But I think that's part of the reason that for so many years, I was content with not having affection. I thought, "maybe I'm just not that pretty," or "maybe I'm fat" (like every other girl thinks). But after going out with girlfriends, and getting hit on frequently, I know that I am not the problem anymore.


----------



## Redallover225

SlowlyGettingWiser said:


> Red:
> 
> Can you get a temporary part-time job to pay for IC? Would your parents be able/willing to help you pay for short-term IC (if they knew how miserable you currently are?)


First let me say I am not miserable. I'm unhappy, yes, but not miserable. 

Second, I already work 30 hours a week, and occassionally pick up a weekend here and there. My husband, however, started his own business last year, and we've been dependent on his income since we've been married. And with your own business, your income is dependent on other people paying their bills.

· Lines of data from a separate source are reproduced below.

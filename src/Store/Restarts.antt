-- ===== src/Store/Restarts.antt =====
-- internal/controller/base_reconciler.go: that the targets of a workload are restarted.
use mathlib.Core.List.Memᴰ
use cascader.Common.{
  Option-cases, ◌⊎◌, ℕ, ℤ, ◌<◌, ◌≡◌, ◌≢◌, refl, sym, ap, ◌∙◌, subst, inl, inr, Text, true, Option,
  none, some, List, [], ◌∷◌, Memᴰ, arith, length,
}
use cascader.Errors.{Error, ok}
use cascader.Client.{Client, Resource}
use cascader.Utils.Patches.{delete_workload_annotation}
use cascader.Utils.Patches.Laws.{value_at}
use cascader.Workloads.{Workload, workload_id}
use cascader.Workloads.Stability.{Says}
use cascader.Targets.{Target, target_id, trigger}
use cascader.Controller.{BaseReconciler}
use cascader.Controller.Extract.{extract_targets}
use cascader.Controller.Cycles.Termination.{Covers}
use cascader.Controller.Cycles.Decides.{IsAcyclic}
use cascader.Controller.Reconcile.{
  World, returned, finished, mark_observed, clear_observed, reconcile_workload,
}
use cascader.Controller.Reconcile.Reloads.{attempts, state_after, failures}
use cascader.Controller.Reconcile.Progress.{reconcile_reloads}
use cascader.Store.{View, target_eq, target_eq_iff, look, Serves, IsStore, Presents}
use cascader.Store.Triggers.{map_view, triggered, restarted, trigger-store, IsFresh}
use cascader.Store.Graph.{links_of, dependencies_iff}
use cascader.Store.Marks.{
  clear_observed-Unmarked, key_of, Leaves, mark_observed-Leaves, clear_observed-Leaves,
}
use cascader.Store.Frames.{
  Reached, Restarted, Restarted-trans, triggered_cases, state_after-Reached,
}

-- Something is stored.
abbrev IsPresent : Option View → Type 0
IsPresent seen = (v : View) × (seen ≡ some v)

Restarted-IsPresent : (x y : Option View) → Restarted x y → IsPresent y
Restarted-IsPresent x y (v, now, e, f) = (restarted now v, f)

links_of-IsPresent :
    (b : BaseReconciler) (seen : Option View) (ds : List Target)
    → links_of b seen ≡ some (ok ds)
    → IsPresent seen
links_of-IsPresent b none ds h = absurd (cc)
links_of-IsPresent b (some v) ds h = (v, refl)

failures-none :
    (u : Target) (failure : Option Error) (rest : List (Target × Option Error))
    → failures ((u, failure) ∷ rest) ≡ 0
    → (failure ≡ none) × (failures rest ≡ 0)
unfolding failures
failures-none u none rest h = (refl, h)
failures-none u (some e) rest h = absurd (omega (arith, h))

triggered_key :
    (key : Target) (now : Text) (cluster : Target → Option View)
    → IsPresent (cluster key)
    → Restarted (cluster key) (triggered none key now cluster key)
triggered_key key now cluster (v, e) =
    let self : target_eq key key ≡ true = (target_eq_iff key key).1 refl in
    (v, now, e, rw self (ap (map_view (restarted now)) e))

Restarted-Reached :
    (t : Target) (ts : List Target) (x y z : Option View)
    → Restarted x y
    → Reached ts t y z
    → Restarted x z
Restarted-Reached t ts x y z r (inl same) = subst (λ o. Restarted x o) (sym same) r
Restarted-Reached t ts x y z r (inr (_, r')) = Restarted-trans x y z r r'

state_after-Restarted :
    (c : Client)
    → IsStore c
    → (s : c.State) (ts : List Target) (t : Target) → Memᴰ t ts
    → IsPresent (look c s t)
    → failures (attempts c s ts) ≡ 0
    → Restarted (look c s t) (look c (state_after c s ts) t)
unfolding state_after attempts
state_after-Restarted c laws s [] t m present h = absurd (Memᴰ.not-nil m)
state_after-Restarted c laws s (u ∷ ts) t m present h =
    let (s', failure) = trigger c u s in
    let (worked, rest) = failures-none u failure (attempts c s' ts) h in
    let one : (x : Target) → look c s' x ≡ triggered none u (c.now s) (look c s) x =
      λ x. trigger-store c laws u s x ∙ ap (λ f. triggered f u (c.now s) (look c s) x) worked in
    elim (Memᴰ.cases_cons m) [
      | inl e ↦
          let first : Restarted (look c s u) (look c s' u) =
            subst (λ o. Restarted (look c s u) o) (sym (one u))
              (triggered_key u (c.now s) (look c s)
                (subst (λ x. IsPresent (look c s x)) e present)) in
          Restarted-Reached t ts (look c s t) (look c s' t) (look c (state_after c s' ts) t)
            (subst (λ x. Restarted (look c s x) (look c s' x)) (sym e) first)
            (state_after-Reached c laws s' ts t)
      | inr later ↦
          let next = state_after-Restarted c laws s' ts t later in
          elim (triggered_cases none u (c.now s) (look c s) t) [
            | inl kept ↦
                let same : look c s' t ≡ look c s t = one t ∙ kept in
                subst (λ x. Restarted x (look c (state_after c s' ts) t)) same
                  (next (subst IsPresent (sym same) present) rest)
            | inr (_, r) ↦
                let first : Restarted (look c s t) (look c s' t) =
                  subst (λ o. Restarted (look c s t) o) (sym (one t)) r in
                Restarted-trans (look c s t) (look c s' t) (look c (state_after c s' ts) t) first
                  (next (Restarted-IsPresent (look c s t) (look c s' t) first) rest)
          ]
    ]

module _ (b : BaseReconciler) (c : Client) {O : Type 0} (resource : Resource c.State O)
    (view : O → View) (key : Text → Text → Target) (serves : Serves c resource view key)
    (w : Workload O) (presents : Presents view w)
    (identified : (object : O)
      → target_id (key (view object).namespace (view object).name) ≡ workload_id w object) where
  -- An accepted target is not the workload itself, and it is stored.
  accepted_target :
      (s : c.State) (object : O) (ts : List Target)
      → IsAcyclic b c s (workload_id w object) ts
      → (t : Target) → Memᴰ t ts
      → (t ≢ key_of c resource view key serves w presents object) × IsPresent (look c s t)
  accepted_target s object ts acyclic t m =
      let ((apart, _), (ds, read)) = acyclic t [] m tt in
      (
        λ e. apart (Memᴰ.head (sym (identified object) ∙ ap target_id (sym e))),
        links_of-IsPresent b (look c s t) ds ((dependencies_iff b c s t ds).0 read),
      )

  -- The object is stored, and has no mark.
  abbrev pub Unmarked : Option View → Type 0
  Unmarked seen =
      (v : View) × (seen ≡ some v)
      × (value_at b.last_observed_restart_annotation v.annotations ≡ none)

  -- What the removal of the mark returns.
  abbrev pub removal : World c.State → O → Option Error
  removal world object =
      (delete_workload_annotation resource w.annotated world.state object
        b.last_observed_restart_annotation).2

  -- With a client that reads its own writes, a workload as it is stored, and the conditions under
  -- which ReconcileWorkload reloads: the marking succeeds, and as it leaves them the workload has
  -- targets, nothing reachable from them repeats or cannot be read, the workload is stable, and the
  -- cluster has fewer objects to fetch than there is fuel. If no attempt to reload a target fails,
  -- ReconcileWorkload returns with neither an error nor a requeue, and then every target has, in
  -- its pod template, the annotation that restarts it, while nothing else of it is changed; and the
  -- workload is stored without the mark, or the removal of the mark has failed.
  pub reconcile_restarts :
      IsStore c
      → (parse_duration : Text → Option ℤ) (fuel : ℕ) (world world' : World c.State)
        (object object' : O) (objects : List Text) (u : Target) (us : List Target)
      → IsFresh c resource view key serves world.state object
      → mark_observed b c resource w world object ≡ (world', object', none)
      → extract_targets b (w.get_meta object').namespace (w.annotated.get_annotations object')
        ≡ ok (u ∷ us)
      → IsAcyclic b c world'.state (workload_id w object) (u ∷ us)
      → Says true (w.stable object')
      → Covers b c world'.state objects
      → length objects < fuel
      → failures (attempts c (clear_observed b c resource w world' object').0.state (u ∷ us)) ≡ 0
      → (final : World c.State) × (reconcile_workload parse_duration b c resource w fuel world
            object
          ≡ returned final finished)
        × ((t : Target) → Memᴰ t (u ∷ us) → Restarted (look c world.state t) (look c final.state t))
        × (((e : Error) × (removal world' object' ≡ some e))
            ⊎ Unmarked (look c final.state (key_of c resource view key serves w presents object)))
  reconcile_restarts laws parse_duration fuel world world' object object' objects u us fresh m x
        acyclic stable covers enough none_fails =
      (
        _,
        reconcile_reloads parse_duration b c resource w fuel world world' object object' objects u
            us m x acyclic stable covers enough,
        restarts,
        cleaned,
      )
    where
      cleared : c.State
      cleared = (clear_observed b c resource w world' object').0.state

      kept :
          Leaves c resource view key serves w presents object world.state world'.state
          × (key_of c resource view key serves w presents object'
              ≡ key_of c resource view key serves w presents object)
          × (◌≡◌ {A = Option Error} none none
              → IsFresh c resource view key serves world'.state object')
      kept =
          subst
            (λ (world', object', failure).
              Leaves c resource view key serves w presents object world.state world'.state
              × (key_of c resource view key serves w presents object'
                  ≡ key_of c resource view key serves w presents object)
              × (failure ≡ none → IsFresh c resource view key serves world'.state object'))
            m (mark_observed-Leaves c resource view key serves w presents b world object fresh)

      restarts :
          (t : Target)
          → Memᴰ t (u ∷ us)
          → Restarted (look c world.state t) (look c (state_after c cleared (u ∷ us)) t)
      restarts t n =
          let (leaves, placed, still_fresh) = kept in
          let (other, present) = accepted_target world'.state object (u ∷ us) acyclic t n in
          let unmarked =
            clear_observed-Leaves c resource view key serves w presents b world' object'
              (still_fresh refl) t (λ e. other (e ∙ placed)) in
          subst (λ o. Restarted o (look c (state_after c cleared (u ∷ us)) t))
            (unmarked ∙ leaves t other)
            (state_after-Restarted c laws cleared (u ∷ us) t n
              (subst IsPresent (sym unmarked) present) none_fails)

      cleaned :
          ((e : Error) × (removal world' object' ≡ some e))
          ⊎ Unmarked (
              look c
                (state_after c cleared (u ∷ us))
                (key_of c resource view key serves w presents object))
      cleaned = elim (Option-cases (removal world' object')) [
        | inr failed ↦ inl failed
        | inl done ↦
            let (_, placed, still_fresh) = kept in
            let at = key_of c resource view key serves w presents object in
            let gone : Unmarked (look c cleared at) =
              subst (λ x. Unmarked (look c cleared x)) placed
                (clear_observed-Unmarked c resource view key serves w presents b world' object'
                  (still_fresh refl) done) in
            elim (state_after-Reached c laws cleared (u ∷ us) at) [
              | inl same ↦ inr (subst Unmarked (sym same) gone)
              | inr (m', _) ↦
                  absurd ((accepted_target world'.state object (u ∷ us) acyclic at m').0 refl)
            ]
      ]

So since the income has become MUCH less in the last two years, unless he decides to get a part-time job, we're pretty stretched thin.

And my parents: Divorced and stretched pretty thin themselves.

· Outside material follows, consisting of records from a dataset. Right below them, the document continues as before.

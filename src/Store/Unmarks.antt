-- ===== src/Store/Unmarks.antt =====
-- internal/controller/base_reconciler.go: setting the mark and clearing it again, with a client that
-- reads its own writes.
use cascader.Common.{
  ◌≡◌, refl, sym, ap, ◌∙◌, subst, inl, inr, arith, Text, Bool-cases, false, Option, none, some,
}
use cascader.Errors.{Error}
use cascader.Objects.{Annotations}
use cascader.Client.{Client, Resource}
use cascader.Utils.Patches.{
  put_annotation, delete_annotation, patch_workload_annotation, delete_workload_annotation,
}
use cascader.Utils.Patches.Laws.{value_at, delete-put_annotation}
use cascader.Workloads.{Workload}
use cascader.Targets.{Target}
use cascader.Controller.{BaseReconciler, has_annotation}
use cascader.Controller.Reconcile.{World, mark_observed, clear_observed}
use cascader.Store.{View, Cluster, look, target_eq, target_eq_iff, store, Serves, Presents}
use cascader.Store.Triggers.{written, IsFresh}
use cascader.Store.Marks.{annotations_sent, store_self}

-- The same but for how the annotations are represented: each has the value that it had.
abbrev pub Restored : Option View → Option View → Type 0
Restored none none = Unit
Restored (some v) (some v') =
    (v' ≡ record v { annotations = v'.annotations })
    × ((j : Text) → value_at j v'.annotations ≡ value_at j v.annotations)
Restored _ _ = ⊥

Restored-refl : (x : Option View) → Restored x x
Restored-refl none = tt
Restored-refl (some v) = (refl, λ j. refl)

has_annotation-false :
    (k : Text) (a : Annotations) → has_annotation a k ≡ false → value_at k a ≡ none
unfolding has_annotation
has_annotation-false k none h = refl
has_annotation-false k (some m) h = ground arith

module _ (c : Client) {O : Type 0} (resource : Resource c.State O) (view : O → View)
    (key : Text → Text → Target) (serves : Serves c resource view key) (w : Workload O)
    (presents : Presents view w) where
  abbrev at : O → Target
  at object = key (view object).namespace (view object).name

  -- A write to one place and then another one to the same place.
  written_twice :
      (t place : Target) (v v' : View) (x x' x'' : Cluster)
      → x place ≡ some v
      → ((u : Target) → x' u ≡ store place v' x u)
      → (v'' : View) → ((u : Target) → x'' u ≡ store place v'' x' u)
      → Restored (some v) (some v'')
      → Restored (x t) (x'' t)
  written_twice t place v v' x x' x'' there first v'' second restored =
      elim (Bool-cases (target_eq place t)) [
        | inl same ↦
            subst (λ u. Restored (x u) (x'' u)) ((target_eq_iff place t).0 same)
              (subst (λ o. Restored o (x'' place)) (sym there)
                (subst (λ o. Restored (some v) o) (sym (second place ∙ store_self place v'' x'))
                  restored))
        | inr other ↦
            let kept : x' t ≡ x t = first t ∙ rw other refl in
            let kept' : x'' t ≡ x' t = second t ∙ rw other refl in
            subst (λ o. Restored (x t) o) (sym (kept' ∙ kept)) (Restored-refl (x t))
      ]

  -- What the removal of an annotation returns.
  abbrev pub removal : BaseReconciler → World c.State → O → Option Error
  removal b world object =
      (delete_workload_annotation resource w.annotated world.state object
        b.last_observed_restart_annotation).2

  patches_undo :
      (k now : Text) (s : c.State) (object : O)
      → IsFresh c resource view key serves s object
      → value_at k (w.annotated.get_annotations object) ≡ none
      → let (s', object', failure) =
          patch_workload_annotation resource w.annotated s object k now in
        let (s'', _, failure') = delete_workload_annotation resource w.annotated s' object' k in
        failure ≡ none → failure' ≡ none → (t : Target) → Restored (look c s t) (look c s'' t)
  unfolding patch_workload_annotation delete_workload_annotation
  patches_undo k now s object fresh unmarked sent removed t =
      let a = w.annotated.get_annotations object in
      let (s', object', failure) = patch_workload_annotation resource w.annotated s object k now in
      let (s'', object'', failure') =
        delete_workload_annotation resource w.annotated s' object' k in
      let (viewed, stored, fresh') =
        annotations_sent c resource view key serves w presents s object (put_annotation k now a) _
          fresh in
      let (_, stored', _) =
        annotations_sent c resource view key serves w presents s' object'
          (delete_annotation k (w.annotated.get_annotations object')) _ (fresh' sent) in
      let had : w.annotated.get_annotations object' ≡ put_annotation k now a =
        presents.annotations_of object' ∙ ap (λ v. v.annotations) viewed in
      let v' : View = record (view object) { annotations = put_annotation k now a } in
      let patched : View = record (view object') {
        annotations = delete_annotation k (w.annotated.get_annotations object');
      } in
      let v'' : View = record (view object) {
        annotations = delete_annotation k (put_annotation k now a);
      } in
      let same_view : patched ≡ v'' =
        λ i. record (viewed i) { annotations = delete_annotation k (had i) } in
      let placed : at object' ≡ at object = ap (λ v. key v.namespace v.name) viewed in
      written_twice t (at object) (view object) v' (look c s) (look c s') (look c s'') fresh
        (λ u. stored u ∙ ap (λ f. written f (at object) v' (look c s) u) sent) v''
        (λ u.
          stored' u
          ∙ ap (λ f. written f (at object') patched (look c s') u) removed
          ∙ (λ i. store (placed i) (same_view i) (look c s') u))
        (
          refl,
          λ j.
              delete-put_annotation k now a unmarked j
              ∙ ap (value_at j) (presents.annotations_of object),
        )

  -- The mark that ReconcileWorkload sets on a workload without it, as it is stored, is the one that
  -- it clears: if both patches succeed, and nothing else happens between them, every object of the
  -- cluster is again as it was before, the annotations with the values that they had and none new.
  -- The client reads its own writes.
  pub clear_observed-mark_observed :
      (b : BaseReconciler) (world : World c.State) (object : O)
      → IsFresh c resource view key serves world.state object
      → has_annotation (w.annotated.get_annotations object) b.last_observed_restart_annotation
        ≡ false
      → let (marked, object', failure) = mark_observed b c resource w world object in
        failure ≡ none
        → removal b marked object' ≡ none
        → (t : Target)
        → Restored
            (look c world.state t)
            (look c (clear_observed b c resource w marked object').0.state t)
  unfolding mark_observed clear_observed
  clear_observed-mark_observed b world object fresh unmarked =
      rw (unmarked, mark_observed)
        (patches_undo b.last_observed_restart_annotation (c.now world.state) world.state object
          fresh (has_annotation-false _ _ unmarked))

Lastly, your previous post really hit me. I guess I still see him in a different light. I try and see the problem from both angles.... both sides. In my view, he's a pretty good guy. This decision would be A LOT easier to make if he were an a$$ or a jerk.


----------



## RClawson

*Lastly, your previous post really hit me. I guess I still see him in a different light. I try and see the problem from both angles.... both sides. In my view, he's a pretty good guy. This decision would be A LOT easier to make if he were an a$$ or a jerk.
*

Red I think you are missing the point. The fact is that at this point you are being abused emotionally and have been for a long time. Do not be to naive about him having homosexual leanings. I do know more than a couple of guys who for years masqueraded as the ultimate man's man complete with beer, football, hunting etc. That is until they could not stand the charade any longer. It could also be he is just asexual. At any rate his neglect of you from a standpoint of intimacy is inconsiderate and as was said before laying a foundation for your kids that is quite harmful. No matter how great you think he is for the kids.


----------



## memyselfandi

First of all, in response to MrK...I doubt that he's gay.

In response to Redllover225..I know how you feel.

My first husband was affectionate as hell. He was always all over me whether it was touching me, holding my hand, sex, etc. He had this thing where we could be walking down a street holding hands and he'd kick my hand into the crook of his arm if he had to do something as simple as scratching his nose...and then grab my hand again. Oftentimes when I was doing things around the house, he'd grab my ass and say, "Niiice Assss!!!"

He was one that never minced words in telling me that he loved me. Oftentimes he'd say, "I love you sooooo much!!", put flowers in my car when I was having a bad time at work with a supportive note...bought me stuffed animals and put them in my car..bought me Easter baskets with stuffed animals in them, knew what I liked for Christmas and for my birthdays.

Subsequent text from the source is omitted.